Louis-François Benoiston de Châteauneuf

Résumé

Louis-François Benoiston de Châteauneuf De la colonisation des condamnés… (1827)

Voilà la perfectibilité humaine, la seule qui ne soit pas une illusion, une chimère; voilà les seuls effets vraiment bons vraiment utiles, de la civilisation ceux que la philosophie, la législation, doivent toujours se proposer pour but; qui tendent à rendre l'homme meilleur plus heureux à ramener le coupable du crime au repentir, et du repentir à la vertu, en développant chez lui le double sentiment de la famille et de la propriété.
Source : Gallica

Louis-François Benoiston de Châteauneuf De la colonisation des condamnés… (1827)

La Russie, comme l'Angleterre, admet la déportation dans son code pénal. Elle est le châtiment dont ses lois punissent différentes espèces de crimes; mais il ne parait pas que le gouvernement ait jamais pensé il en faire un moyen d'amélioration pour le coupable.
Par un avantage qui n'est donné en Europe aucun autre état, et que la Russie doit a sa position physique sans vaisseaux, sans colonie, sans aucune possession au milieu des mers, elle trouve les moyens de satisfaire la loi.
Source : Gallica

Louis-François Benoiston de Châteauneuf De la colonisation des condamnés… (1827)

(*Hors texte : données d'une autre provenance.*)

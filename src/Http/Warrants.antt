-- ===== src/Http/Warrants.antt =====
-- When a route of pairing_api.py changes the credential table: who called it, and what was written
-- to the audit log before.
use mathlib.Core.Path.{subst}
use goffy_os.Prelude.{
  ℕ, String, ◌≡◌, ◌≢◌, refl, sym, ap, ◌∙◌, ◌⊎◌, inl, inr, Bool, true, false, Option, none, some,
  arith,
}
use goffy_os.Prelude.Result.{Result, ok, raise}
use goffy_os.Protocol.{Uuid}
use goffy_os.Approval.{Crypto}
use goffy_os.Credentials.{Platform, is_active}
use goffy_os.Audit.Window.{AuditEntry}
use goffy_os.Auth.Principal.{AuthenticatedPrincipal, paired, has_scope, pairing_admin_scope}
use goffy_os.Http.{
  Hub, ApiRequest, Net, ApiFailure, AuditTick, Handler, ◌>>=◌, ◌>>◌, continue, refuse_unless,
  is_loopback_client, require_loopback, require_loopback_admin, require_paired_principal,
  authenticate_request, entry_of, audit, require_audit_ready, require_admin, require_paired,
}
use goffy_os.Http.Changed.{DiffersOnlyAt, revoke_audited-DiffersOnlyAt}
use goffy_os.Http.PairingRequests.{Redemptions, Env}
use goffy_os.Http.PairingRoutes.{
  revoke_audited, revoke_paired_credential, perform_revocation, revoke_by_admin,
}

-- A step that returned, with the Hub that it left.
abbrev pub Returns {ℓ} : {A : Type ℓ} → Handler A → Hub → Hub → A → Type ℓ
Returns m h h' a = m h ≡ (h', ok a)

-- The table differs after the step.
abbrev pub Changes {ℓ} : {A : Type ℓ} → Handler A → Hub → Type 0
Changes m h = (m h).0.table ≢ h.table

outcome_cases {ℓ} :
    {A : Type ℓ} (r : Hub × Result ApiFailure A)
    → ((h' : Hub) × (a : A) × (r ≡ (h', ok a)))
      ⊎ ((h' : Hub) × (e : ApiFailure) × (r ≡ (h', raise e)))
outcome_cases (h', ok a) = inl (h', a, refl)
outcome_cases (h', raise e) = inr (h', e, refl)

-- If a first step leaves the table alone, it must have returned before a change.
pub Changes-later {ℓ κ} :
    {A : Type ℓ} {B : Type κ} (m : Handler A) (k : A → Handler B) (h : Hub)
    → (m h).0.table ≡ h.table
    → Changes (m >>= k) h
    → (h' : Hub) × (a : A) × Returns m h h' a × Changes (k a) h'
Changes-later m k h same changed = elim (outcome_cases (m h)) [
  | inr (h', e, stopped) ↦ absurd (changed (rw stopped (ap (λ r. r.0.table) (sym stopped) ∙ same)))
  | inl (h', a, returned) ↦ (
    h',
    a,
    returned,
    λ unchanged. changed (rw returned (unchanged ∙ (ap (λ r. r.0.table) (sym returned) ∙ same))),
  )
]

raise≢ok {ℓ} : {A : Type ℓ} {e : ApiFailure} {a : A} → raise e ≢ ok a
raise≢ok h = cc

-- If both steps returned, the first one did, and the second one from there.
pub Returns-later {ℓ κ} :
    {A : Type ℓ} {B : Type κ} (m : Handler A) (k : A → Handler B) (h h' : Hub) (b : B)
    → Returns (m >>= k) h h' b
    → (h1 : Hub) × (a : A) × Returns m h h1 a × Returns (k a) h1 h' b
Returns-later {B = B} m k h h' b returned = elim (outcome_cases (m h)) [
  | inr (h1, e, stopped) ↦ absurd (failed h1 e (ap (continue k) (sym stopped) ∙ returned))
  | inl (h1, a, first) ↦ (h1, a, first, ap (continue k) (sym first) ∙ returned)
]
  where
    failed :
        (h1 : Hub) (e : ApiFailure)
        → ◌≡◌ {A = Hub × Result ApiFailure B} (h1, raise e) (h', ok b)
        → ⊥
    failed h1 e same = raise≢ok (ap (λ x. x.1) same)

pub refuse_unless-Returns :
    (b : Bool) (status : ℕ) (code message : String) (h h' : Hub)
    → Returns (refuse_unless b status code message) h h' tt
    → (b ≡ true) × (h' ≡ h)
refuse_unless-Returns true status code message h h' r = ground arith
refuse_unless-Returns false status code message h h' r = absurd (ground arith)

pub refuse_unless-same :
    (b : Bool) (status : ℕ) (code message : String) (h : Hub)
    → (refuse_unless b status code message h).0.table ≡ h.table
refuse_unless-same true status code message h = refl
refuse_unless-same false status code message h = refl

module _ (c : Crypto) (p : Platform) (net : Net) where
  require_admin-same :
      (found : Option AuthenticatedPrincipal) (h : Hub) → (require_admin c p net found h).0 ≡ h
  unfolding require_admin
  require_admin-same none h = refl
  require_admin-same (some principal) h = ground arith

  -- A call from a loopback address by an administrator.
  pub record IsAdminCall (reachable : Bool) (r : ApiRequest) (h : Hub)
      (principal : AuthenticatedPrincipal) : Type 0 where
    pub loopback : is_loopback_client net r ≡ true
    pub known : (authenticate_request c p net reachable r h).1 ≡ ok (some principal)
    pub is_admin : has_scope principal pairing_admin_scope ≡ true

  -- A call from a loopback address by the paired device of this credential.
  pub record IsDeviceCall (reachable : Bool) (r : ApiRequest) (h : Hub)
      (principal : AuthenticatedPrincipal) (id : Uuid) : Type 0 where
    pub loopback : is_loopback_client net r ≡ true
    pub known : (authenticate_request c p net reachable r h).1 ≡ ok (some principal)
    pub is_paired : principal.kind ≡ paired
    pub is_own : principal.credential_id ≡ some id

  pub require_loopback_admin-same :
      (reachable : Bool) (r : ApiRequest) (h : Hub)
      → (require_loopback_admin c p net reachable r h).0 ≡ h
  unfolding require_loopback_admin require_loopback authenticate_request require_admin
  require_loopback_admin-same reachable r h = ground arith

  pub require_loopback_admin-Returns :
      (reachable : Bool) (r : ApiRequest) (h h' : Hub) (principal : AuthenticatedPrincipal)
      → Returns (require_loopback_admin c p net reachable r) h h' principal
      → (h' ≡ h) × IsAdminCall reachable r h principal
  unfolding require_loopback_admin require_loopback authenticate_request require_admin
  require_loopback_admin-Returns reachable r h h' principal returned = ground arith

  require_paired_principal-same :
      (reachable : Bool) (r : ApiRequest) (h : Hub)
      → (require_paired_principal c p net reachable r h).0 ≡ h
  unfolding require_paired_principal authenticate_request require_paired
  require_paired_principal-same reachable r h = ground arith

  require_paired_principal-Returns :
      (reachable : Bool) (r : ApiRequest) (h h' : Hub) (principal : AuthenticatedPrincipal)
      (id : Uuid)
      → Returns (require_paired_principal c p net reachable r) h h' (principal, id)
      → (h' ≡ h)
        × ((authenticate_request c p net reachable r h).1 ≡ ok (some principal))
        × (principal.kind ≡ paired)
        × (principal.credential_id ≡ some id)
  unfolding require_paired_principal authenticate_request require_paired
  require_paired_principal-Returns reachable r h h' principal id returned = ground arith

  pub audit-same :
      (tick : AuditTick) (fail_closed : Bool) (x : AuditEntry) (h : Hub)
      → (audit c p net tick fail_closed x h).0.table ≡ h.table
  unfolding audit
  audit-same (now, reachable) fail_closed x h = refl

  pub require_audit_ready-same :
      (reachable : Bool) (h : Hub) → (require_audit_ready c p net reachable h).0.table ≡ h.table
  unfolding require_audit_ready
  require_audit_ready-same reachable h = refl

  -- The audit log verified, and took the entry of a request, before anything else happened.
  pub record IsAudited (env : Env) (x : AuditEntry) (h : Hub) : Type 0 where
    pub checked : Hub
    pub ready : Returns (require_audit_ready c p net env.audit_ready) h checked tt
    pub written : Hub
    pub recorded : Returns (audit c p net env.first true x) checked written tt

  module _ (env : Env) (x : AuditEntry) where
    pub Changes-IsAudited :
        {A : Type 0} (k : Handler A) (h : Hub)
        → Changes
            (require_audit_ready c p net env.audit_ready >> (audit c p net env.first true x >> k))
            h
        → IsAudited env x h
    Changes-IsAudited k h changed =
        let (h1, u, ready, changed1) =
          Changes-later (require_audit_ready c p net env.audit_ready)
            (λ _. audit c p net env.first true x >> k) h
            (require_audit_ready-same env.audit_ready h) changed in
        let (h2, u', recorded, changed2) =
          Changes-later (audit c p net env.first true x) (λ _. k) h1
            (audit-same env.first true x h1) changed1 in
        record { checked = h1; ready = ready; written = h2; recorded = recorded }

  module _ (rs : Redemptions) (env : Env) where
    pub revoke_audited-IsAudited :
        (requested performed : String) (principal : AuthenticatedPrincipal) (id : Uuid)
        (otherwise : ℕ × String × String) (h : Hub)
        → Changes (revoke_audited c p net rs env requested performed principal id otherwise) h
        → IsAudited env (entry_of c p net requested (some principal) (some id) none) h
    unfolding revoke_audited
    revoke_audited-IsAudited requested performed principal id otherwise h changed =
        Changes-IsAudited env (entry_of c p net requested (some principal) (some id) none)
          (perform_revocation c p net rs env performed principal id otherwise) h changed

    -- Where a revocation by an administrator changes the credential table, its caller is an
    -- administrator on a loopback address, and the request was in the audit log before.
    pub revoke_paired_credential-IsWarranted :
        (id : Uuid) (r : ApiRequest) (h : Hub)
        → Changes (revoke_paired_credential c p net rs env id r) h
        → (principal : AuthenticatedPrincipal) × IsAdminCall env.store_reachable r h principal
          × IsAudited env
              (entry_of c p net "credential.admin_revoke_requested" (some principal) (some id) none)
              h
          × DiffersOnlyAt id h.table (revoke_paired_credential c p net rs env id r h).0.table
          × (is_active true id (revoke_paired_credential c p net rs env id r h).0.table ≡ ok false)
    unfolding revoke_paired_credential revoke_by_admin
    revoke_paired_credential-IsWarranted id r h changed =
        let (h1, principal, returned, changed1) =
          Changes-later (require_loopback_admin c p net env.store_reachable r)
            (revoke_by_admin c p net rs env id) h
            (ap (λ x. x.table) (require_loopback_admin-same env.store_reachable r h)) changed in
        let (same, call) =
          require_loopback_admin-Returns env.store_reachable r h h1 principal returned in
        let x =
          entry_of c p net "credential.admin_revoke_requested" (some principal) (some id) none in
        let otherwise : ℕ × String × String =
          (404, "credential_not_found", "Active credential was not found.") in
        let performed =
          revoke_audited c p net rs env "credential.admin_revoke_requested"
            "credential.admin_revoke" principal id otherwise in
        let after = (performed h1).0.table in
        let at : (revoke_paired_credential c p net rs env id r h).0.table ≡ after =
          ap (λ x. x.0.table) (ap (continue (revoke_by_admin c p net rs env id)) returned) in
        let (only, inactive) =
          revoke_audited-DiffersOnlyAt c p net rs env "credential.admin_revoke_requested"
            "credential.admin_revoke" principal id otherwise h1 changed1 in
        (
          principal,
          call,
          subst (IsAudited env x) same (
              revoke_audited-IsAudited "credential.admin_revoke_requested" "credential.admin_revoke"
                principal id otherwise h1 changed1),
          rw at (subst (λ g. DiffersOnlyAt id g.table after) same only),
          rw at inactive,
        )

    -- What precedes a change by the device itself
    pub device-later :
        {A : Type 0} (k : AuthenticatedPrincipal × Uuid → Handler A) (r : ApiRequest) (h : Hub)
        → Changes
            (require_loopback net r
              >> (require_paired_principal c p net env.store_reachable r >>= k))
            h
        → (principal : AuthenticatedPrincipal) × (id : Uuid) × IsDeviceCall env.store_reachable r h
            principal id
          × Changes (k (principal, id)) h
          × ((require_loopback net r
                >> (require_paired_principal c p net env.store_reachable r >>= k))
              h).0.table
            ≡ (k (principal, id) h).0.table
    unfolding require_loopback
    device-later k r h changed =
        let (h0, u, local, changed0) =
          Changes-later (require_loopback net r)
            (λ _. require_paired_principal c p net env.store_reachable r >>= k) h
            (refuse_unless-same (is_loopback_client net r) 403 _ _ h) changed in
        let (here, same0) = refuse_unless-Returns (is_loopback_client net r) 403 _ _ h h0 local in
        let (h1, (principal, id), returned, changed1) =
          Changes-later (require_paired_principal c p net env.store_reachable r) k h0
            (ap (λ x. x.table) (require_paired_principal-same env.store_reachable r h0)) changed0 in
        let (same1, known, is_paired, is_own) =
          require_paired_principal-Returns env.store_reachable r h0 h1 principal id returned in
        (
          principal,
          id,
          record {
            loopback = here;
            known = rw (← same0) known;
            is_paired = is_paired;
            is_own = is_own;
          },
          subst (Changes (k (principal, id))) (same1 ∙ same0) changed1,
          ap (λ x. x.0.table)
                (ap (continue (λ _. require_paired_principal c p net env.store_reachable r >>= k))
                    local
                  ∙ ap (continue k) returned)
              ∙ ap (λ g. (k (principal, id) g).0.table) (same1 ∙ same0),
        )
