-- ===== src/Http/AuditRoutes.antt =====
-- The routes of hub/src/goffy_hub/operator_audit_api.py.
use mathlib.Core.List.{reverse}
use goffy_os.Prelude.{
  ℕ, zero, suc, ◌≡◌, refl, ◌∙◌, Bool, true, false, not, Option, none, some, List, [], ◌∷◌, arith,
  keep_if, take, nat_eq, string_eq, ◌==◌, if◌then◌else◌,
}
use goffy_os.Prelude.Result.{Result, ok, raise}
use goffy_os.Protocol.{Uuid}
use goffy_os.Approval.{Crypto}
use goffy_os.Credentials.{Platform}
use goffy_os.Audit.{AuditEvent}
use goffy_os.Audit.Window.{AuditSnapshot, LogError, snapshot}
use goffy_os.Auth.Principal.{AuthenticatedPrincipal, has_scope, safe_tool_scope}
use goffy_os.Http.{
  Hub, ApiRequest, Net, ApiFailure, unhandled, Handler, ◌>>=◌, ◌>>◌, answer, fail, refuse_unless,
  is_loopback_client, authenticate_request, require_admin,
}
use goffy_os.Http.Warrants.{Returns, Returns-later}

unfoldable pub require_loopback_here : Net → ApiRequest → Handler (Unit {0})
require_loopback_here net r =
    refuse_unless (is_loopback_client net r) 403 "loopback_required"
      "Audit retrieval is available on loopback only."

-- `event.credential_id is not None and event.credential_id == principal.credential_id`
unfoldable pub is_own_event : Option Uuid → AuditEvent → Bool
is_own_event (some mine) e = elim e.credential_id [ none ↦ false | some id ↦ id == mine ]
is_own_event none e = false

module _ (c : Crypto) (p : Platform) (net : Net) (reachable : Bool) where
  unfoldable pub require_paired_scope :
      Option AuthenticatedPrincipal → Handler (AuthenticatedPrincipal × Uuid)
  require_paired_scope none = fail 401 "authentication_required" "Paired authentication required."
  require_paired_scope (some principal) = elim principal.credential_id [
    | none ↦ fail 403 "insufficient_scope" "Paired device scope required."
    | some id ↦
        if has_scope principal safe_tool_scope
        then answer (principal, id)
        else fail 403 "insufficient_scope" "Paired device scope required."
  ]

  -- `_require_loopback_paired`, with the ID that the principal then has
  unfoldable pub require_loopback_paired : ApiRequest → Handler (AuthenticatedPrincipal × Uuid)
  unfolding require_paired_scope
  require_loopback_paired r = do
    require_loopback_here net r
    found ← authenticate_request c p net reachable r
    require_paired_scope found

  -- `_require_loopback_admin` of this module
  unfoldable pub require_audit_admin : ApiRequest → Handler AuthenticatedPrincipal
  require_audit_admin r = do
    require_loopback_here net r
    found ← authenticate_request c p net reachable r
    require_admin c p net found

  from_log : Result LogError AuditSnapshot → Result ApiFailure AuditSnapshot
  from_log (ok s) = ok s
  from_log (raise e) = raise unhandled

  -- `audit_log.snapshot`
  unfoldable pub read_snapshot : Option ℕ → Handler AuditSnapshot
  unfolding from_log
  read_snapshot limit h = (h, from_log (snapshot limit h.audit_log))

  -- GET /admin/v1/audit/events
  unfoldable pub list_operator_audit_events : ℕ → ApiRequest → Handler AuditSnapshot
  list_operator_audit_events limit r = do
    principal ← require_audit_admin r
    read_snapshot (some limit)

  own_events : ℕ → Uuid → AuditSnapshot → Handler AuditSnapshot
  own_events limit id s =
      answer (record s { events = take limit (keep_if (is_own_event (some id)) s.events) })

  list_own : ℕ → AuthenticatedPrincipal × Uuid → Handler AuditSnapshot
  list_own limit (principal, id) = read_snapshot none >>= own_events limit id

  -- GET /paired/v1/audit/events
  unfoldable pub list_paired_operator_audit_events : ℕ → ApiRequest → Handler AuditSnapshot
  unfolding own_events list_own
  list_paired_operator_audit_events limit r = do
    caller ← require_loopback_paired r
    list_own limit caller

  -- The caller is a paired device at a loopback address with the scope for SAFE tools.
  pub record IsScopedDevice (r : ApiRequest) (h : Hub) (principal : AuthenticatedPrincipal)
      (id : Uuid) : Type 0 where
    pub loopback : is_loopback_client net r ≡ true
    pub known : (authenticate_request c p net reachable r h).1 ≡ ok (some principal)
    pub is_own : principal.credential_id ≡ some id
    pub scoped : has_scope principal safe_tool_scope ≡ true

  require_loopback_paired-Returns :
      (r : ApiRequest) (h h' : Hub) (principal : AuthenticatedPrincipal) (id : Uuid)
      → Returns (require_loopback_paired r) h h' (principal, id)
      → (h' ≡ h) × IsScopedDevice r h principal id
  unfolding require_loopback_paired require_loopback_here authenticate_request require_paired_scope
  require_loopback_paired-Returns r h h' principal id returned = ground arith

  list_own-Returns :
      (limit : ℕ) (caller : AuthenticatedPrincipal × Uuid) (h h' : Hub) (s : AuditSnapshot)
      → Returns (list_own limit caller) h h' s
      → (h' ≡ h)
        × (s.events
            ≡ take limit (keep_if (is_own_event (some caller.1)) (reverse h.audit_log.events)))
  unfolding list_own own_events read_snapshot snapshot
  list_own-Returns limit caller h h' s returned = ground arith

  no_foreign :
      (id : Uuid) (limit : ℕ) (es : List AuditEvent)
      → keep_if
          (λ e. not (is_own_event (some id) e))
          (take limit (keep_if (is_own_event (some id)) es))
        ≡ []
  no_foreign id zero es = refl
  no_foreign id (suc limit) [] = refl
  no_foreign id (suc limit) (e ∷ es) =
      ground (arith, no_foreign id limit es, no_foreign id (suc limit) es)

  -- What a paired device is shown of the audit log: the call came from a loopback address with the
  -- token of a credential that has the scope for SAFE tools, the Hub stays as it was, and the events
  -- are the newest ones of this credential, at most `limit`, with none of another credential.
  pub list_paired_operator_audit_events-own :
      (limit : ℕ) (r : ApiRequest) (h h' : Hub) (s : AuditSnapshot)
      → list_paired_operator_audit_events limit r h ≡ (h', ok s)
      → (principal : AuthenticatedPrincipal) × (id : Uuid) × IsScopedDevice r h principal id
        × (h' ≡ h)
        × (s.events ≡ take limit (keep_if (is_own_event (some id)) (reverse h.audit_log.events)))
        × (keep_if (λ e. not (is_own_event (some id) e)) s.events ≡ [])
  unfolding list_paired_operator_audit_events
  list_paired_operator_audit_events-own limit r h h' s returned =
      let (h1, (principal, id), paired, rest) =
        Returns-later (require_loopback_paired r) (list_own limit) h h' s returned in
      let (same, device) = require_loopback_paired-Returns r h h1 principal id paired in
      let (same', shown) = list_own-Returns limit (principal, id) h1 h' s rest in
      (
        principal,
        id,
        device,
        same' ∙ same,
        rw (← same) shown,
        rw (shown) (no_foreign id limit (reverse h1.audit_log.events)),
      )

En effet, beaucoup de déportés, encouragés par ces chances heureuses, ne veulent plus retourner dans leur patrie, quand le temps de leur exil est accompli, et restent à Sydney, où ils exercent une industrie quelconque, tandis que séduits par les récits brillants de ceux qui en arrivent, des capitalistes anglais s'embarquent pour la nouvelle colonie. Jusque là tout est bien mais il y a plus. Des hommes sans principes, et dont l'existence est sans ressources, bien instruits d'ailleurs de la peine qu'ils encourront, n'hésitent point à voler pour se faire déporter.